# double clutched babies :)



## calex89 (Oct 28, 2010)

this is cappy and nibs' double clutched babies...there were 4 but they only fed these 2 
anyway here are the cuties....
one has REALLY RED eyes
and the other is dark grey with black eyes


----------



## xoxsarahxox (Dec 13, 2010)

Awww gorgeous!!! and you got a lovely lutino girly


----------



## calex89 (Oct 28, 2010)

i just wish i didnt have to sell them  they are so cute and fragile!


----------



## lperry82 (Aug 2, 2010)

Aww they are so cute


----------



## calex89 (Oct 28, 2010)

thankyou 
one yellow with red eyes and one white and cinnamon with black eyes  
love them


----------



## WendyBeoBuddy (Dec 12, 2011)

Normal grey and lutino, how cute!!


----------



## eduardo (Jan 27, 2012)

Aaww Can't you keep them?

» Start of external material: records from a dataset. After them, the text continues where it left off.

module _ (hash : ℕ → ℕ) (config : TokenConfig) (now : ℕ) where
  abbrev found_by : ℕ → TokenStore → Option RefreshToken
  found_by raw s = find (with_hash hash config now raw) s.refresh_tokens

  revoke_family-IsSingle :
      (family : ℕ) (s : TokenStore) → IsSingle s → IsSingle (revoke_family hash config now family s)
  unfolding revoke_family
  revoke_family-IsSingle family s h f = omega (
    arith,
    h f,
    live_count-revoke f (λ t. (t.family_id == family) && not (is_revoked t)) (revoked_now now)
        s.refresh_tokens (λ t. refl),
  )

  issue_successor-IsSingle :
      (raw fresh : ℕ) (old : RefreshToken) (s : TokenStore)
      → found_by raw s ≡ some old
      → is_revoked old ≡ false
      → IsSingle s
      → IsSingle (issue_successor hash config now fresh old s)
  unfolding issue_successor
  issue_successor-IsSingle raw fresh old s e k h f =
      let new = new_token hash config now s.next_id old.user_id old.family_id fresh in
      let l = s.refresh_tokens in
      let g =
        λ (t : RefreshToken). record t { revoked_at = some now; replaced_by_id = some s.next_id } in
      let added = find-append (with_hash hash config now raw) l (new ∷ []) old e in
      elim (Bool-cases (old.family_id == f)) [
        | inl q ↦
            subst
              (λ v. live_count v (issue_successor hash config now fresh old s).refresh_tokens ≤ 1)
              (==→eq old.family_id f q)
              (omega (
                arith,
                live_count-drop hash config now raw g (l ++ new ∷ []) old (λ t. refl) added k,
                sum_of-append (live_in old.family_id) l (new ∷ []),
                live_in_le old.family_id new,
                h old.family_id,
              ))
        | inr q ↦ omega (
          arith,
          live_count-revoke f (λ t. t.id == old.id) g (l ++ new ∷ []) (λ t. refl),
          sum_of-append (live_in f) l (new ∷ []),
          not_in f new q,
          h f,
        )
      ]

  -- The three outcomes of `rotate` on the store.
  rotate_unknown :
      (raw fresh : ℕ) (s : TokenStore)
      → found_by raw s ≡ none
      → rotate hash config now raw fresh s ≡ (err (unauthorized "Invalid refresh token"), s)
  unfolding rotate
  rotate_unknown raw fresh s e = ground arith

  rotate_reused :
      (raw fresh : ℕ) (old : RefreshToken) (s : TokenStore)
      → found_by raw s ≡ some old
      → is_revoked old ≡ true
      → rotate hash config now raw fresh s ≡ (
        err (unauthorized "Refresh token reuse detected; please log in again"),
        revoke_family hash config now old.family_id s,
      )
  unfolding rotate rotate_found
  rotate_reused raw fresh old s e k = ground arith

  rotate_expired :
      (raw fresh : ℕ) (old : RefreshToken) (s : TokenStore)
      → found_by raw s ≡ some old
      → is_revoked old ≡ false
      → is_expired now old ≡ true
      → rotate hash config now raw fresh s ≡ (err (unauthorized "Refresh token expired"), s)
  unfolding rotate rotate_found
  rotate_expired raw fresh old s e k x = ground arith

  rotate_live :
      (raw fresh : ℕ) (old : RefreshToken) (s : TokenStore)
      → found_by raw s ≡ some old
      → is_revoked old ≡ false
      → is_expired now old ≡ false
      → rotate hash config now raw fresh s
        ≡ (ok old.user_id, issue_successor hash config now fresh old s)
  unfolding rotate rotate_found
  rotate_live raw fresh old s e k x = ground arith

  -- In a store where every family has at most one live token, a rotation, whatever its outcome,
  -- leaves every family with at most one live token.
  pub rotate-IsSingle :
      (raw fresh : ℕ) (s : TokenStore)
      → IsSingle s
      → IsSingle (rotate hash config now raw fresh s).1
  rotate-IsSingle raw fresh s h = elim (Option-cases (found_by raw s)) [
    | inl e ↦ rw (rotate_unknown raw fresh s e) h
    | inr (old, e) ↦ elim (Bool-cases (is_revoked old)) [
      | inl k ↦ rw (rotate_reused raw fresh old s e k) (revoke_family-IsSingle old.family_id s h)
      | inr k ↦ elim (Bool-cases (is_expired now old)) [
        | inl x ↦ rw (rotate_expired raw fresh old s e k x) h
        | inr x ↦
            rw (rotate_live raw fresh old s e k x) (issue_successor-IsSingle raw fresh old s e k h)
      ]
    ]
  ]

  -- In a store where every family has at most one live token, a login into a family without a live
  -- token leaves every family with at most one live token.
  pub issue_for_login-IsSingle :
      (user family raw : ℕ) (s : TokenStore)
      → live_count family s.refresh_tokens ≡ 0
      → IsSingle s
      → IsSingle (issue_for_login hash config now user family raw s).1
  unfolding issue_for_login issue_pair
  issue_for_login-IsSingle user family raw s free h f =
      let new = new_token hash config now s.next_id user family raw in
      elim (Bool-cases (family == f)) [
        | inl q ↦ omega (
          arith,
          sum_of-append (live_in f) s.refresh_tokens (new ∷ []),
          live_in_le f new,
          subst (λ v. live_count v s.refresh_tokens ≡ 0) (==→eq family f q) free,
        )
        | inr q ↦
            omega
              (arith, sum_of-append (live_in f) s.refresh_tokens (new ∷ []), not_in f new q, h f)
      ]

  -- A revoked family has no live token, and its session is denied while an access token could
  -- still be alive.
  revoke_family_ends :
      (family : ℕ) (s : TokenStore)
      → 0 < config.access_ttl_seconds
      → let u = revoke_family hash config now family s in
        (live_count family u.refresh_tokens ≡ 0)
        × (is_session_revoked hash config now family u ≡ true)
  unfolding revoke_family is_session_revoked deny_sessions
  revoke_family_ends family s ttl = (
    live_count-none family (λ t. (t.family_id == family) && not (is_revoked t)) (revoked_now now)
        s.refresh_tokens (λ t. refl) (λ t h. h),
    any_last family (now + config.access_ttl_seconds * 1000) s.denied (omega arith),
  )
    where
      any_last :
          (family last : ℕ) (ds : List Denial)
          → now < last
          → any
              (λ (d : Denial). (d.family_id == family) && ltb now d.until)
              (ds ++ record { family_id = family; until = last } ∷ [])
            ≡ true
      any_last family last [] h = ground arith
      any_last family last (d ∷ ds) h = ground (arith, any_last family last ds h)

  -- A refresh token on file that was revoked is refused when it is presented, and its whole family
  -- ends: no live token is left, and, as access tokens live for some time, the session is denied.
  pub reuse_ends_family :
      (raw fresh : ℕ) (s : TokenStore) {old : RefreshToken}
      → 0 < config.access_ttl_seconds
      → found_by raw s ≡ some old
      → is_revoked old ≡ true
      → let (r, u) = rotate hash config now raw fresh s in
        (r ≡ err (unauthorized "Refresh token reuse detected; please log in again"))
        × (live_count old.family_id u.refresh_tokens ≡ 0)
        × (is_session_revoked hash config now old.family_id u ≡ true)
  reuse_ends_family raw fresh s {old} ttl e k =
      let (dead, denied) = revoke_family_ends old.family_id s ttl in
      rw (rotate_reused raw fresh old s e k) (refl, dead, denied)

  find-successor :
      (raw fresh : ℕ) (old : RefreshToken) (s : TokenStore)
      → found_by raw s ≡ some old
      → (t : RefreshToken) × (found_by raw (issue_successor hash config now fresh old s) ≡ some t)
        × (is_revoked t ≡ true)
        × (t.family_id ≡ old.family_id)
  unfolding issue_successor
  find-successor raw fresh old s e = (
    record old { revoked_at = some now; replaced_by_id = some s.next_id },
    go s.refresh_tokens e,
    refl,
    refl,
  )
    where
      go :
          (l : List RefreshToken)
          → find (with_hash hash config now raw) l ≡ some old
          → find (with_hash hash config now raw) (
              update_where
                (λ t. t.id == old.id)
                (λ t. record t { revoked_at = some now; replaced_by_id = some s.next_id })
                (l ++ new_token hash config now s.next_id old.user_id old.family_id fresh ∷ []))
            ≡ some (record old { revoked_at = some now; replaced_by_id = some s.next_id })
      go [] h = absurd (ground arith)
      go (x ∷ l) h = ground (arith, go l)

  -- After a sign-out everywhere no token of the user is live.
  pub revoke_all_for_user_lem :
      (user : ℕ) (s : TokenStore)
      → any
          (λ (t : RefreshToken). (t.user_id == user) && not (is_revoked t))
          (revoke_all_for_user hash config now user s).refresh_tokens
        ≡ false
  unfolding revoke_all_for_user deny_sessions
  revoke_all_for_user_lem user s = go s.refresh_tokens
    where
      go :
          (l : List RefreshToken)
          → any
              (λ (t : RefreshToken). (t.user_id == user) && not (is_revoked t))
              (update_where (λ t. (t.user_id == user) && not (is_revoked t)) (revoked_now now) l)
            ≡ false
      go [] = refl
      go (t ∷ l) = ground (arith, go l)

They are adorable, with those tiny little crests emerging


----------



## calex89 (Oct 28, 2010)

eduardo said:


> Aaww Can't you keep them? They are adorable, with those tiny little crests emerging


oh i wish i could  but with me already having 2 and my boyfriend has 2 aswell.. its going to be a mad house lol! also im worried of the chance of them trying to mate with each other which ive heard can happen? 
anyone know if this is true?


----------



## MeanneyFids (Aug 24, 2010)

siblings can and often do mate with eachother and it should be avoided. but you can always prevent the breeding of them


----------



## sunnysmom (Sep 23, 2011)

Very cute babies!


----------



## cockatiel-joel (Jul 8, 2012)

how do you upload photos straight from your iPhone


----------



## vampiric_conure (Jul 8, 2012)

How very very cute! I love baby cockatiels. They always remind me of spiked turtles crossed with dinosaurs!:tiel1:


----------



## JaimeS (Nov 28, 2011)

What precious little ones


----------